Directed by Dawn Porter. Screenplay, Porter, Sari Gilman | Camera (color, HD), Nadia Hallgren, Chris Hilleke; editor, Gilman; music, Paul Brill, Elizabeth Ziman; sound, Chris Burns, Jacob “Cubby” Falls, Judy Karp, Francisco Latorre, David Schumacher, Bob Silverthorne, Tyrell Williams; re-recording mixer, Pete Horner; line producer, Jennifer Partin; associate producers, Amanda Goscinski, Dana Kalmey
The option for choice when it comes to the reproductive health of American women continues to be a center point of political battles for many groups. It is a battle that has been fought for decades even after the ruling of Roe v. Wade in 1973. Today that war seems to be strengthening as America continues to divide itself into two major perspectives; right wing conservatism saturated in culturally accepted religious traditions and left wing liberalism saturated in a progressive standpoint.
Trapped introduces us to several doctors who are in a current fight with their state governments and religious conservative groups that are passionately fighting to shut down their women’s health care clinics by any means necessary. We often are presented with the narrative of the abortion debate through the lens of the patients and the political opponents, but never the doctors and nurses who provide the services. The Dawn Porter film gives us insight to the many and oftentimes extreme working conditions these individuals now face. A typical day at work seems to be met with harassing phone calls, excessive state inspections and site visits, public ridicule along with daily protests outside resulting in threats to their safety.

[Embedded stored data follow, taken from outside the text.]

-- ===== src/Tests/Syncer.antt =====
-- Runs of the theorems on the syncer.
use cloudstack_csi_driver.Prelude.{
  String, true, Option, none, some, List, [], ◌∷◌, ◌≡◌, refl, codes, ℕ, false,
}
use cloudstack_csi_driver.Prelude.Prog.{Prog, ok, err}
use cloudstack_csi_driver.Syncer.Names.{create_storage_class_name}
use cloudstack_csi_driver.Syncer.Names.Laws.{IsName, create_storage_class_name-IsName}
use cloudstack_csi_driver.Syncer.Classes.{StorageClass, new_storage_class}
use cloudstack_csi_driver.Syncer.Run.{run, failed, Cluster, Syncer, DiskOffering}
use cloudstack_csi_driver.Syncer.Run.Deletion.{run_deletes}
use cloudstack_csi_driver.Syncer.Run.Laws.{class_of}

abbrev pub ascii : List ℕ → Option (List ℕ)
ascii cs = some cs

gold : create_storage_class_name ascii (codes "--- Gold NFS ---") ≡ some (codes "gold-nfs")
unfolding create_storage_class_name
gold = refl

create_storage_class_name-IsName_example : IsName (codes "gold-nfs")
create_storage_class_name-IsName_example =
    create_storage_class_name-IsName ascii (codes "--- Gold NFS ---") (codes "gold-nfs") gold

abbrev gold_class : StorageClass
gold_class = new_storage_class "gold" [] "id-gold" true

-- A cluster that keeps the class that was made last.
abbrev get : String → Prog (Unit {0}) (Option StorageClass) StorageClass
get name none = err tt none
get name (some sc) = ok sc (some sc)

abbrev cluster : Cluster
cluster = record {
  State = Option StorageClass;
  Error = Unit {0};
  is_not_found = λ e. true;
  list_classes = λ labels s. ok [] s;
  get_class = get;
  create_class = λ sc s. ok tt (some sc);
  update_class = λ sc s. ok tt (some sc);
  delete_class = λ name s. ok tt none;
  list_offerings = λ s. ok [] s;
  matches = λ labels existing. true;
  merge = λ existing labels. labels;
  normalize = ascii;
}

abbrev pub syncer : Syncer
syncer = record {
  labels_set = ("managed-by", "syncer") ∷ [];
  name_prefix = "cloudstack-";
  delete = true;
  volume_expansion = true;
}

abbrev pub offering : DiskOffering
offering = record { id = "id-gold"; name = "Gold"; is_customized = true }

-- A cluster that does not answer when it is asked for a class; its state is the deleted name.
abbrev deaf : Cluster
deaf = record cluster {
  State = String;
  is_not_found = λ e. false;
  list_classes = λ labels s. ok (class_of cluster syncer offering ∷ []) s;
  get_class = λ name s. err tt s;
  create_class = λ sc s. ok tt s;
  update_class = λ sc s. ok tt s;
  delete_class = λ name s. ok tt name;
  list_offerings = λ s. ok (offering ∷ []) s;
}

run_deletes_example : run deaf syncer "" ≡ (failed tt ∷ [], (class_of cluster syncer offering).name)
unfolding new_storage_class
run_deletes_example =
    run_deletes deaf syncer "" "" "" "" (class_of cluster syncer offering).name
      (class_of cluster syncer offering) offering tt refl refl refl refl refl refl refl refl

With the passing of laws like House Bill 2(HB2), a Texas law that held clinics to absurdly abnormal standards, the majority of clinics in the state have had to shut down leaving literally a handful of clinics still open for services in one of the country’s most populated states. This not only creates a disservice to the residents of the state but also creates a health risk for those same residents. Patients now have to go through a process that can take weeks when in the past could be done in one or two visits. Residents of the state now have to attend multiple appointments, receive additional ultra sounds, and become bombarded with propaganda saturated information sessions that doctors by law are now ordered to present to patients. Many of these new practices and procedures have no impact on providing abortions and create a more rigorous and taunting experience for both patients and doctors.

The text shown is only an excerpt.